A new and improved method was developed for the determination and quantification of four free thyroid hormones (i.e. 3,5-diiodothyronine (T2), 3,3,5-triiodothyronine (T3), 3,3,5-triiodothyrone (rT3) and 3,5,3,5-tetraiodothyronine (T4)) in human serum by low- and high-resolution liquid chromatography-mass spectrometry (LC-MS). Several sample preparation strategies were investigated to obtain matrix-independent results. These strategies included solid phase extraction and matrix dilution. The developed analytical methods were then directly compared, in a blind study using patient-derived human blood serum samples, to the current clinical routine testing methods, i.e. electrochemiluminescence immunoassay and enzyme-linked immunosorbent assay. Chromatographic separation was achieved on a pentafluorophenyl (F5) column with an isocratic method of 30% aqueous phase, 70% organic phase where mobile phase A is 0.1% formic acid in water (pH4) and mobile phase B is 0.1% formic acid in methanol (pH4) (v/v). The high-resolution LC-MS was able to give a significant improvement in sensitivity with limits of quantification of 0.002 to 0.008pmol/L for all four free thyroid hormones, as well as reduced sample preparation, making this the preferred method. However, the increase in capital cost may be beyond the capabilities of some laboratories. The LC-MS methods allow for the analysis of free thyroid hormones to be carried out in a significantly reduced analysis time. Clinical sample analysis showed that there was no statistical difference between the results obtained by ECLIA/ELISA and both LC-MS methods.

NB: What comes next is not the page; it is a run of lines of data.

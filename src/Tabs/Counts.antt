-- ===== src/Tabs/Counts.antt =====
-- The filters of the log and the lanes share out the events.
use drishtiscope_oss.Common.{
  ℕ, ◌+◌, ◌≡◌, refl, Bool, true, false, Option, none, some, List, [], ◌∷◌, map, filter, length,
  arith,
}
use drishtiscope_oss.Protocol.{Snapshot, EventRow, Category, process}
use drishtiscope_oss.Tabs.{timeline_or}
use drishtiscope_oss.Tabs.CompletePicture.{
  LogLevel, info_level, warning_level, error_level, LogEntry, to_log, passes, filtered_logs,
}
use drishtiscope_oss.Tabs.Medium.{
  Lane, all_lanes, syscall_lane, file_lane, network_lane, compute_lane, in_lane, filtered_events,
}

abbrev log_count : Option LogLevel → List LogEntry → ℕ
log_count f ls = length (filter (passes f) ls)

log_count-split :
    (ls : List LogEntry)
    → log_count none ls
      ≡ log_count (some info_level) ls
        + log_count (some warning_level) ls
        + log_count (some error_level) ls
log_count-split [] = refl
log_count-split (l ∷ ls) = ground (arith, log_count-split ls)

abbrev pub is_process : Category → Bool
is_process process = true
is_process _ = false

abbrev lane_count : Lane → List EventRow → ℕ
lane_count lane es = length (filter (λ e. in_lane lane e.category) es)

lane_count-split :
    (es : List EventRow)
    → lane_count all_lanes es
      ≡ lane_count syscall_lane es
        + lane_count file_lane es
        + lane_count network_lane es
        + lane_count compute_lane es
        + length (filter (λ e. is_process e.category) es)
lane_count-split [] = refl
lane_count-split (e ∷ es) = ground (arith, lane_count-split es)

-- The log under ALL has as many entries as under INFO, WARNING and ERROR together; the events of all
-- lanes are those of the four lanes and the process events, which have no lane.
pub filters-total :
    (s : Option Snapshot) (events : List EventRow)
    → (length (filtered_logs none s events)
        ≡ length (filtered_logs (some info_level) s events)
          + length (filtered_logs (some warning_level) s events)
          + length (filtered_logs (some error_level) s events))
      × (length (filtered_events all_lanes s events)
          ≡ length (filtered_events syscall_lane s events)
            + length (filtered_events file_lane s events)
            + length (filtered_events network_lane s events)
            + length (filtered_events compute_lane s events)
            + length (filter (λ e. is_process e.category) (timeline_or s events)))
unfolding filtered_logs filtered_events
filters-total s events =
    (log_count-split (map to_log (timeline_or s events)), lane_count-split (timeline_or s events))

机译:开发了一种新的和改进的方法,用于测定和定量四种游离甲状腺激素(即3,5-二碘罗酮(T2),3,3,5-三碘甲醇酮(T3),3,3,5-三碘甲酮(RT3)和通过低压和高分辨率液相色谱 - 质谱(LC-MS)在人血清中3,5,5,5-四碘噻吩(T4))。研究了几种样品制备策略以获得无关的矩阵结果。这些策略包括固相提取和基质稀释。然后将开发的分析方法直接比较,在使用患者衍生的人血清样品的盲目研究中,进入当前临床常规测试方法,即电化学发光免疫测定和酶联免疫吸附测定。在五氟苯基(F5)塔上实现色谱分离,具有30%水相的等物分泌物,70%有机相,其中流动相A在水中为0.1%甲酸(pH4),流动相B是甲醇中0.1%甲酸(ph4)(v / v)。高分辨率LC-MS能够对所有四种游离甲状腺激素的定量限制具有0.002至0.008pmol / L的敏感性的显着改善,以及减少样品制备,使得这是优选的方法。但是,资本成本的增加可能超出了一些实验室的能力。 LC-MS方法允许在显着降低的分析时间内进行游离甲状腺激素。临床样本分析表明,Eclia / ELISA和LC-MS方法获得的结果之间没有统计学差异。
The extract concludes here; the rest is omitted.